We went to Huahin Beach the day after Christmas. It was perfect timing because at that time most people had already gone back to work; Huahin was relatively quiet. And in terms of weather? Perfect. Even during the hottest time of the day (midday), I was still able to go swimming in an open pool. Alright, I did get a tan after 30 minutes, but the sun didn’t feel unbearable.
Maybe it is true that Thai winter is getting colder every year.. #Global warming…
So, what is on Thai people’s checklist when they come to Huahin?
2. Shop (in the open markets)
However, since my brother’s special someone was also on the trip (her first visit to Thailand), a food binge-filled vacation was out of the question, and touristy-activities were in place
Still, we managed to realize the first item on our list even before we got to Huahin.
We devoured our way to the beach town (which is about 2 hrs and 30 mins away from Bangkok). First, we made a breakfast stop at a popular chain coffee shop called “Black Canyon Coffee” which caters to both Western and Thai food lovers.
Then, as we made our way to the condominium, we happened to pass by a famous “mango and sticky rice” shop, which was sandwiched between the Huahin Sofitel hotel (now taken over by Centara, duh) and a row of shady bars.
Buying two kilograms of sticky rice and two mangoes was an immediate must.
This is the kind of mango you get, through the hands of highly experienced mango carvers aka homemade.
This looks better:
Undoubtedly delicious. This shop is most known for its aromatic and soft sticky rice; so no carb-skipping on this one.
More delicious food to come. We had our late afternoon lunch at a famous seafood restaurant called Jee Khiao or “Aunt Green”. Don’t even ask.
They are known for their fresh crab and crab meat fried rice (unfortunately not pictured).
Verdict: the crab was undoubtedly fresh (they had live crabs in large rectangular tanks in their kitchen), and the seafood sauce was at its usual delicious calibre – sweet, spicy, and aromatic.
The fried rice with crab meat was pretty incredible. The crab meat chunks were bigger than an inch. I also liked how the vegetables and eggs were not microscopic size. Whenever my grandaunt visits Huahin, and unavoidably, the restaurant, she buys kilos of their signature fried rice back to Bangkok . Obviously, you don’t need to do the same to appreciate this dish. It is definitely worth ordering.

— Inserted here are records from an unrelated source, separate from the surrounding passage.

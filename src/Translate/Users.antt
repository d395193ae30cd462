-- ===== src/Translate/Users.antt =====
-- `FindUserByID` of internal/translate/user.go.
use headtotails.Prelude.{
  ℕ, ◌≡◌, sym, ◌≢◌, ◌↔◌, ◌⊎◌, inl, inr, true, some, List, [], ◌∷◌, arith, Among, ap, Bool-cases,
}
use headtotails.Text.{◌==◌, eq_iff}
use headtotails.Text.Decimal.{format, format_inj}
use headtotails.Proto.{User}
use headtotails.Translate.{find_user_by_id}

-- `u` is the first of the users with this id.
abbrev pub FirstWithId : ℕ → List User → User → Type 0
FirstWithId id [] u = ⊥
FirstWithId id (v ∷ users) u = ((u ≡ v) × (v.id ≡ id)) ⊎ ((v.id ≢ id) × FirstWithId id users u)

-- The user found by the print of a number is the first with this number for its id.
pub find_user_by_id-format_iff :
    (users : List User) (id : ℕ) (u : User)
    → (find_user_by_id users (format id) ≡ some u) ↔ FirstWithId id users u
unfolding find_user_by_id
find_user_by_id-format_iff [] id u = ground arith
find_user_by_id-format_iff (v ∷ users) id u = ground (
  arith,
  find_user_by_id-format_iff users id u,
  eq_iff (format v.id) (format id),
  format_inj v.id id,
  λ (e : v.id ≡ id). ap format e,
)

found_head :
    (w : User) (users : List User) (id : ℕ)
    → (format w.id == format id) ≡ true
    → (v : User) × (find_user_by_id (w ∷ users) (format id) ≡ some v) × (v.id ≡ id)
unfolding find_user_by_id
found_head w users id same =
    (w, ground (arith, same), format_inj w.id id ((eq_iff (format w.id) (format id)).0 same))

-- A user that is listed is found again by the id that the list shows.
find_user_by_id_complete :
    (users : List User) (u : User)
    → Among u users
    → (v : User) × (find_user_by_id users (format u.id) ≡ some v) × (v.id ≡ u.id)
unfolding find_user_by_id
find_user_by_id_complete [] u m = absurd m
find_user_by_id_complete (w ∷ users) u (inl e) =
    found_head w users u.id ((eq_iff (format w.id) (format u.id)).1 (ap (λ v. format v.id) (sym e)))
find_user_by_id_complete (w ∷ users) u (inr m) = elim (Bool-cases (format w.id == format u.id)) [
  | inl same ↦ found_head w users u.id same
  | inr other ↦
      let (v, p, q) = find_user_by_id_complete users u m in (v, ground (arith, other, p), q)
]
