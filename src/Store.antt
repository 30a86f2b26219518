-- ===== src/Store.antt =====
-- internal/store: what is read from the database, and the caches in front of it.
pub mod Types
pub mod Caches
pub mod ReadThrough
pub mod StateGroups
pub mod GroupWalk
pub mod Newest
pub mod Filtered
pub mod Views
pub mod CachedViews
pub mod Keyed
pub mod Whole
pub mod Rooms
pub mod Presence
pub mod Standing
pub mod Current
pub mod Reads
mod Tests
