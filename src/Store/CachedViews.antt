-- ===== src/Store/CachedViews.antt =====
-- That the caches in front of a filtered view do not change what is answered.
use synapse_gopro_worker.Prelude.{ℕ, ◌≡◌, refl, sym, subst, Bool, Option, none, some, ℕ_discrete}
use synapse_gopro_worker.Cache.Lru.{get}
use synapse_gopro_worker.Store.Types.{
  StateKey, StateMap, FilteredStateKey, FilteredStateKey-discrete,
}
use synapse_gopro_worker.Store.Caches.{Caches, size_of_state_map}
use synapse_gopro_worker.Store.ReadThrough.{Holds, get-hit, get-Holds, add-Holds}
use synapse_gopro_worker.Store.StateGroups.{GroupTables, state_for_group}
use synapse_gopro_worker.Store.GroupWalk.{IsDescending}
use synapse_gopro_worker.Store.Newest.{state_where-IsNewest}
use synapse_gopro_worker.Store.Views.{Agree, filter_state-filtered_state}
use synapse_gopro_worker.Store.Filtered.{
  filter_state, filtered_state, keep_filtered, from_database, from_whole, from_view,
  cached_filtered_state,
}

-- What the filter of a key means.
module _ (t : GroupTables) (meaning : FilteredStateKey → StateKey → Bool) where
  abbrev pub IsView : FilteredStateKey → StateMap → Type 0
  IsView key m = (n : StateMap) × (filtered_state (meaning key) t key.group ≡ some n) × Agree m n

  -- Every cached map is the state at its group, and every cached view agrees with its query.
  pub record AreSound (c : Caches) : Type 0 where
    pub groups :
        Holds ℕ_discrete size_of_state_map (λ g m. state_for_group t g ≡ some m) c.state_groups
    pub views : Holds FilteredStateKey-discrete size_of_state_map IsView c.filtered_state

  -- An answer that agrees with the query, and caches that are still sound.
  pub record Answers (key : FilteredStateKey) (r : Caches × Option StateMap) : Type 0 where
    pub sound : AreSound r.0
    pub answer : (m : StateMap) × (r.1 ≡ some m) × IsView key m

  keep_filtered-Answers :
      (key : FilteredStateKey) (m : StateMap) (c : Caches)
      → AreSound c
      → IsView key m
      → Answers key (keep_filtered key m c)
  unfolding keep_filtered
  keep_filtered-Answers key m c s v = record {
    sound = record {
      groups = s.groups;
      views =
          add-Holds FilteredStateKey-discrete size_of_state_map IsView key m c.filtered_state
            s.views v;
    };
    answer = (m, refl, v);
  }

  module _ (descending : IsDescending t.state_group_edges) (key : FilteredStateKey) where
    query-total : (n : StateMap) × (filtered_state (meaning key) t key.group ≡ some n)
    unfolding filtered_state
    query-total =
        let (n, e, best) = state_where-IsNewest (λ r. meaning key r.key) t key.group descending in
        (n, e)

    from_whole-Answers :
        (whole : Option StateMap) (c : Caches)
        → AreSound c
        → ((m : StateMap) → whole ≡ some m → state_for_group t key.group ≡ some m)
        → Answers key (from_whole (meaning key) t key whole c)
    unfolding from_whole from_database
    from_whole-Answers none c s right =
        let (n, e) = query-total in
        subst (λ o. Answers key (from_database key o c)) (sym e)
          (keep_filtered-Answers key n c s (n, e, λ k. refl))
    from_whole-Answers (some m) c s right =
        keep_filtered-Answers key (filter_state (meaning key) m) c s
          (filter_state-filtered_state (meaning key) t key.group m (right m refl))

    from_view-Answers :
        (view : Option StateMap) (c : Caches)
        → AreSound c
        → ((m : StateMap) → view ≡ some m → IsView key m)
        → Answers key (from_view (meaning key) t key view c)
    unfolding from_view
    from_view-Answers (some m) c s right = record { sound = s; answer = (m, refl, right m refl) }
    from_view-Answers none c s right =
        let is_state : ℕ → StateMap → Type 0 = λ g m. state_for_group t g ≡ some m in
        from_whole-Answers (get ℕ_discrete key.group c.state_groups).1
          (record c { state_groups = (get ℕ_discrete key.group c.state_groups).0 })
          (record {
            groups =
                get-Holds ℕ_discrete size_of_state_map is_state key.group c.state_groups s.groups;
            views = s.views;
          })
          (λ m e.
            get-hit ℕ_discrete size_of_state_map is_state key.group m c.state_groups s.groups e)

    -- If groups have higher numbers than those they build on, and the caches hold what the queries
    -- answer, a filtered view is answered that agrees with its query, whether it comes from the cache
    -- of views, from the whole map or from the database; and the caches hold such answers still.
    pub cached_filtered_state-Answers :
        (test : StateKey → Bool) (c : Caches)
        → meaning key ≡ test
        → AreSound c
        → Answers key (cached_filtered_state test t key c)
    unfolding cached_filtered_state
    cached_filtered_state-Answers test c same s = rw (← same) (
        from_view-Answers (get FilteredStateKey-discrete key c.filtered_state).1
          (record c { filtered_state = (get FilteredStateKey-discrete key c.filtered_state).0 })
          (record {
            groups = s.groups;
            views =
                get-Holds FilteredStateKey-discrete size_of_state_map IsView key c.filtered_state
                  s.views;
          })
          (λ m e.
            get-hit FilteredStateKey-discrete size_of_state_map IsView key m c.filtered_state
              s.views e))
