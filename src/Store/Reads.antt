-- ===== src/Store/Reads.antt =====
-- GetStateGroupForEvent and GetStateForGroup of internal/store/state.go, with their caches.
use synapse_gopro_worker.Prelude.{ℕ, Bytes, Option, bytes_discrete, ℕ_discrete}
use synapse_gopro_worker.Cache.Lru.{Lru}
use synapse_gopro_worker.Store.Types.{StateMap}
use synapse_gopro_worker.Store.Caches.{size_of_state_map}
use synapse_gopro_worker.Store.Rooms.{Database, get_state_group_for_event, get_state_for_group}
use synapse_gopro_worker.Store.ReadThrough.{read_through}

unfoldable pub cached_state_group_for_event :
    Database → Bytes → Lru Bytes ℕ → Lru Bytes ℕ × Option ℕ
unfolding read_through get_state_group_for_event
cached_state_group_for_event db =
    read_through bytes_discrete (λ _. 64) (get_state_group_for_event db)

unfoldable pub cached_state_for_group :
    Database → ℕ → Lru ℕ StateMap → Lru ℕ StateMap × Option StateMap
unfolding read_through get_state_for_group
cached_state_for_group db = read_through ℕ_discrete size_of_state_map (get_state_for_group db)
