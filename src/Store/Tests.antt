-- ===== src/Store/Tests.antt =====
-- Reads of a small database, and the theorems there.
use synapse_gopro_worker.Prelude.{
  ◌≡◌, refl, Bool, true, [], ◌∷◌, some, bytes, bytes_discrete, ℕ_discrete, arith, lookup, insert,
  delete,
}
use synapse_gopro_worker.Cache.Lru.{new_lru}
use synapse_gopro_worker.Store.Types.{
  StateKey, StateKey-discrete, StateMap, FilteredStateKey, FilteredStateKey-discrete,
}
use synapse_gopro_worker.Store.Caches.{Caches, size_of_state_map}
use synapse_gopro_worker.Store.StateGroups.{GroupTables, state_where, state_for_group}
use synapse_gopro_worker.Store.Newest.{IsNewest, state_where-IsNewest}
use synapse_gopro_worker.Store.ReadThrough.{
  read_through, IsHonest, read_through-IsHonest, new_lru-Holds,
}
use synapse_gopro_worker.Store.Filtered.{of_types, cached_filtered_state}
use synapse_gopro_worker.Store.CachedViews.{
  Answers, cached_filtered_state-Answers, AreSound, IsView,
}

abbrev topic : StateKey
topic = record { event_type = bytes "topic"; state_key = [] }

abbrev name : StateKey
name = record { event_type = bytes "name"; state_key = [] }

-- Group 7 is a delta on group 3.
abbrev tables : GroupTables
tables = record {
  state_group_edges = record { state_group = 7; prev_state_group = 3 } ∷ [];
  state_groups_state =
      record { state_group = 3; key = topic; event_id = bytes "$a" }
      ∷ record { state_group = 7; key = topic; event_id = bytes "$b" }
      ∷ record { state_group = 3; key = name; event_id = bytes "$c" }
      ∷ [];
}

newer_wins : state_for_group tables 7 ≡ some ((topic, bytes "$b") ∷ (name, bytes "$c") ∷ [])
unfolding state_for_group StateKey-discrete ℕ_discrete bytes_discrete lookup insert delete
newer_wins = refl

state_where-IsNewest_example :
    (m : StateMap) × (state_where (λ r. true) tables 7 ≡ some m)
    × ((k : StateKey) → IsNewest (λ r. true) tables 7 k (lookup StateKey-discrete k m))
state_where-IsNewest_example = state_where-IsNewest (λ r. true) tables 7 (omega arith)

read_through-IsHonest_example :
    ((read_through ℕ_discrete size_of_state_map (state_for_group tables) 7 (new_lru 1000)).1
      ≡ state_for_group tables 7)
    × IsHonest ℕ_discrete size_of_state_map
        (state_for_group tables)
        (read_through ℕ_discrete size_of_state_map (state_for_group tables) 7 (new_lru 1000)).0
read_through-IsHonest_example =
    read_through-IsHonest ℕ_discrete size_of_state_map (state_for_group tables) 7 (new_lru 1000)
      (new_lru-Holds ℕ_discrete size_of_state_map (λ g m. state_for_group tables g ≡ some m) 1000)

abbrev topics : FilteredStateKey → StateKey → Bool
topics key = of_types (bytes "topic" ∷ [])

abbrev topic_key : FilteredStateKey
topic_key = record { group = 7; filter = bytes "types:topic" }

abbrev caches : Caches
caches = record {
  state_groups = new_lru 1000;
  events = new_lru 1000;
  event_state_group = new_lru 1000;
  auth_chains = new_lru 1000;
  filtered_state = new_lru 1000;
}

caches-AreSound : AreSound tables topics caches
caches-AreSound = record {
  groups =
      new_lru-Holds ℕ_discrete size_of_state_map (λ g m. state_for_group tables g ≡ some m) 1000;
  views = new_lru-Holds FilteredStateKey-discrete size_of_state_map (IsView tables topics) 1000;
}

cached_filtered_state-Answers_example :
    Answers tables topics topic_key
      (cached_filtered_state (of_types (bytes "topic" ∷ [])) tables topic_key caches)
cached_filtered_state-Answers_example =
    cached_filtered_state-Answers tables topics (omega arith) topic_key
      (of_types (bytes "topic" ∷ [])) caches refl caches-AreSound
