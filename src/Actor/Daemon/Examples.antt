-- ===== src/Actor/Daemon/Examples.antt =====
-- The theorems about the daemon at concrete events.
use symposium.Prelude.{
  ℕ, Bool, true, List, [], ◌∷◌, none, some, map, ◌≡◌, refl, ◌==◌, inl, inr, arith,
}
use symposium.Prelude.Text.{Text, codes, trim, starts_with, text_eq, strip_prefix}
use symposium.Actor.Repeater
use symposium.Actor.Repeater.{SerdeJson, RepeaterMessage, Moment, max_message_history}
use symposium.Actor.Repeater.History.{last_n, view}
use symposium.Actor.Daemon.Bus.{
  Bus, BusEvent, accepted, accept_failed, tick, idle, bus_run, bus_start,
}
use symposium.Actor.Daemon.Bus.Ids.{IsValid, bus_run-IsValid}
use symposium.Actor.Daemon.Bus.Idle.{bus_run-idle}
use symposium.Actor.Daemon.Client.{
  ClientRound, ClientEvent, part_read, line_read, received, handle_client,
}
use symposium.Actor.Daemon.Client.Forwards.{messages, says, handle_client-says}

-- Two clients come; the first is gone at 40, both are at 50, and at 90 nobody was there for 50.
abbrev day : List BusEvent
day =
    accepted 10
    ∷ accept_failed
    ∷ accepted 20
    ∷ tick 40 (λ c. c == 0)
    ∷ tick 50 (λ c. true)
    ∷ tick 90 (λ c. true)
    ∷ []

bus_run-IsValid_example : IsValid (bus_run 50 day (bus_start 0)).1
unfolding bus_start
bus_run-IsValid_example =
    bus_run-IsValid 50 day (bus_start 0) (omega arith) (record { distinct = tt; given = tt })

abbrev evening : List BusEvent
evening = accept_failed ∷ tick 50 (λ c. true) ∷ tick 90 (λ c. true) ∷ []

abbrev after_work : Bus
after_work = record { clients = 1 ∷ []; next_client_id = 2; last_activity = 40 }

bus_run-idle_example : (bus_run 50 evening after_work).0 ≡ idle
bus_run-idle_example =
    bus_run-idle 50 evening after_work (tt, ((refl, tt), ((refl, tt), tt)))
      (inr (inl (omega arith)))

-- A stand-in for JSON.
abbrev json : SerdeJson
json = record { Value = Text; from_str = λ t. some t; get_str = λ key t. none }

abbrev fine : ClientRound
fine = record {
  repeater_open = true;
  write_all = true;
  flush = true;
  response_tx = 9;
  dumped = none;
}

abbrev connection : List (ClientRound × ClientEvent)
connection =
    (fine, part_read (codes " hel"))
    ∷ (fine, line_read (codes "lo "))
    ∷ (fine, line_read (codes "#identify:vscode"))
    ∷ (fine, received (codes "hi"))
    ∷ (fine, line_read (codes "  "))
    ∷ (fine, part_read (codes "good"))
    ∷ (fine, received (codes "hi again"))
    ∷ (fine, line_read (codes "bye"))
    ∷ []

abbrev is_space : ℕ → Bool
is_space c = c == 32

abbrev at_five : RepeaterMessage → Moment × RepeaterMessage
at_five m = (record { millis = 5; is_open = λ c. true }, m)

abbrev handled : List (Moment × RepeaterMessage)
handled = map at_five (messages (handle_client is_space (λ entries. none) true 7 3 connection))

-- The first part of the last line is lost.
good_bye : says is_space [] connection ≡ codes "hello" ∷ codes "bye" ∷ []
unfolding trim starts_with text_eq
good_bye = refl

handle_client-says_example :
    view (Repeater.run json handled Repeater.new).0
    ≡ last_n 1024 (map (λ t. (3, t)) (says is_space [] connection))
unfolding handle_client trim starts_with text_eq strip_prefix
handle_client-says_example =
    handle_client-says is_space (λ entries. none) json 7 3 connection handled
      (tt, (refl, (refl, ((refl, refl), (refl, (tt, ((refl, refl), (refl, tt)))))))) refl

Other than this, we had Thai shrimp paste plate with fresh vegetables (‘Thai antipasto’) which was typically good, stir-fried bitter bean (sa-tor) with shrimp & pork mince in spicy paste (I have actually quoted this dish before in my other Huahin post), which was very delicious. We also ordered a superb dish of stir-fried local vegetables (the best vegetables you will have at a restaurant would be local), steamed crab legs (usually eaten with soybean sauce. For some reason, my favorite dish when I was little. The morbidly interactive nature of the dish?), and the deep fried fish in sweet & spicy sauce was definitely the star at the table aside from the crab. Actually, come to think of it, the name might have been deep fried fish in spicy basil leaves sauce. Who knows? It’s been more than a month.
The verdict? the fish was deep fried all right, bathing in all its oily glory. Although, the fact that the restaurant exclusively uses pork lard in their cooking made me feel less guilty. The garlic, chili and basil leaves infusion of the sauce cuts down the oily taste, making the dish an overall 4 stars.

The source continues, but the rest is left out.